For fiscal 2017, the company’s AISC is likely to range between $940 and $1,000 an ounce. The company’s first-quarter AISC, however, was below guidance at $900 an ounce. At the same time, Newmont Mining is on track to report mid-single-digit growth in gold production in 2017 as compared to 2016. These metrics will ensure decent numbers for the year and take the stock higher.

Newmont has strong prospects from its assets in Africa beginning in 2019. I believe this factor will be discounted in the stock price in the next 12 to 18 months. As the chart below shows, gold production is likely to surge from Ahafo in fiscal 2019 and the AISC is likely to be attractive in the zone of $680 to $780 an ounce.

768667017.jpg

In addition to Ahafo, Subika Underground will see its first production in the second half of this year and commercial production in second-half 2018. As these assets begin producing, the company’s cash flows will swell. The Subika Underground mine has the potential to produce 1.8 million ounces of gold over an 11-year mine life.

Conclusion

Newmont Mining has sold non-core assets over the last several years. With a liquidity buffer of $5.8 billion, the company is well positioned to invest in core assets that can translate into production upside and swelling cash flows in the next two to three years.

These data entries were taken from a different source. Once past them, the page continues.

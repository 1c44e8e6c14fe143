-- ===== src/Signing/Tests.antt =====
-- The theorem on the key set at a concrete configuration: an HMAC key and an RSA key.
use identity_api.Common.{◌≡◌, List, [], ◌∷◌, String}
use identity_api.Sandbox.Files.{files, two_keys, new_key, old_key, reads_two_keys}
use identity_api.Signing.{SigningKey}
use identity_api.Signing.KeySet.{AreKeys, parse_private_keys-AreKeys}

parse_private_keys-AreKeys_example :
    AreKeys files two_keys (new_key ∷ old_key ∷ [])
    × ((rest : List (SigningKey String)) × (new_key ∷ old_key ∷ [] ≡ new_key ∷ rest))
parse_private_keys-AreKeys_example =
    parse_private_keys-AreKeys files two_keys tt new_key (new_key ∷ old_key ∷ []) reads_two_keys
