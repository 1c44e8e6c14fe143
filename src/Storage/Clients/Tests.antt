-- ===== src/Storage/Clients/Tests.antt =====
-- The theorems on OAuth clients at concrete inputs.
use identity_api.Common.{◌≡◌, ◌≢◌, refl, ◌⊎◌, [], ◌∷◌, any, find?, AreWords, is_space, arith}
use identity_api.Types.{PrefixedId}
use identity_api.Types.Clients.{OAuthClient}
use identity_api.Types.Errors.{Failure, db, oauth_client_not_found}
use identity_api.Exec.{ok, err}
use identity_api.Sandbox.{World, sandbox, sandbox-IsDocumented}
use identity_api.Sandbox.Data.{start}
use identity_api.Sandbox.Secrets.{hasher}
use identity_api.Storage.{with_tx, get_context_tx}
use identity_api.Storage.Clients.{
  create_oauth_client, delete_oauth_client, lookup_oauth_client_by_id,
}
use identity_api.Storage.Clients.Sql.{has_id, insert_client, delete_client}
use identity_api.Storage.Clients.Lookup.{
  create_oauth_client-lookup_oauth_client_by_id, delete_oauth_client-lookup_oauth_client_by_id,
}

abbrev app : OAuthClient
app = record {
  id = "";
  owner_id = "tnt";
  name = "app";
  secret = "s3cret";
  audience = "https://api" ∷ "https://db" ∷ [];
}

abbrev stored_app : OAuthClient
stored_app = record app { id = "g-new"; secret = "#s3cret" }

creates : (create_oauth_client sandbox hasher with_tx app start).0 ≡ ok stored_app
unfolding create_oauth_client get_context_tx insert_client any
creates = refl

words : AreWords app.audience
unfolding is_space
words = ground arith

abbrev after_app : World
after_app = (create_oauth_client sandbox hasher with_tx app start).1

create_oauth_client-lookup_oauth_client_by_id_example :
    (stored_app ≡ record app { id = "g-new"; secret = "#s3cret" })
    × ((hasher.hash "s3cret" start).0 ≡ ok "#s3cret")
    × ((sandbox.new_id "idntcli" start).0 ≡ ok "g-new")
    × (((f : Failure) × ((lookup_oauth_client_by_id sandbox with_tx "g-new" after_app).0
            ≡ err (db f)))
        ⊎ ((lookup_oauth_client_by_id sandbox with_tx "g-new" after_app).0 ≡ ok stored_app))
create_oauth_client-lookup_oauth_client_by_id_example =
    create_oauth_client-lookup_oauth_client_by_id sandbox-IsDocumented hasher app stored_app start
      creates words refl

deletes : (delete_oauth_client sandbox with_tx "g-new" after_app).0 ≡ ok tt
unfolding create_oauth_client delete_oauth_client get_context_tx insert_client delete_client any
deletes = refl

abbrev without_app : World
without_app = (delete_oauth_client sandbox with_tx "g-new" after_app).1

delete_oauth_client-lookup_oauth_client_by_id_example :
    (((f : Failure) × ((lookup_oauth_client_by_id sandbox with_tx "g-new" without_app).0
          ≡ err (db f)))
      ⊎ ((lookup_oauth_client_by_id sandbox with_tx "g-new" without_app).0
          ≡ err oauth_client_not_found))
    × ((other : PrefixedId)
        → other ≢ "g-new"
        → find? (has_id other) without_app.view.working.oauth_clients
          ≡ find? (has_id other) after_app.view.working.oauth_clients)
delete_oauth_client-lookup_oauth_client_by_id_example =
    delete_oauth_client-lookup_oauth_client_by_id sandbox-IsDocumented "g-new" after_app deletes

While gold has remained largely sideways over the last few months, I remain bullish on its long-term outlook. Investors should use this sideways movement as an opportunity to accumulate quality gold miners.

Newmont Mining appears attractive with an AISC below $1,000 an ounce and assets that will deliver gold production at well below that figure in the near future.

Disclosure: No positions in the stocks discussed.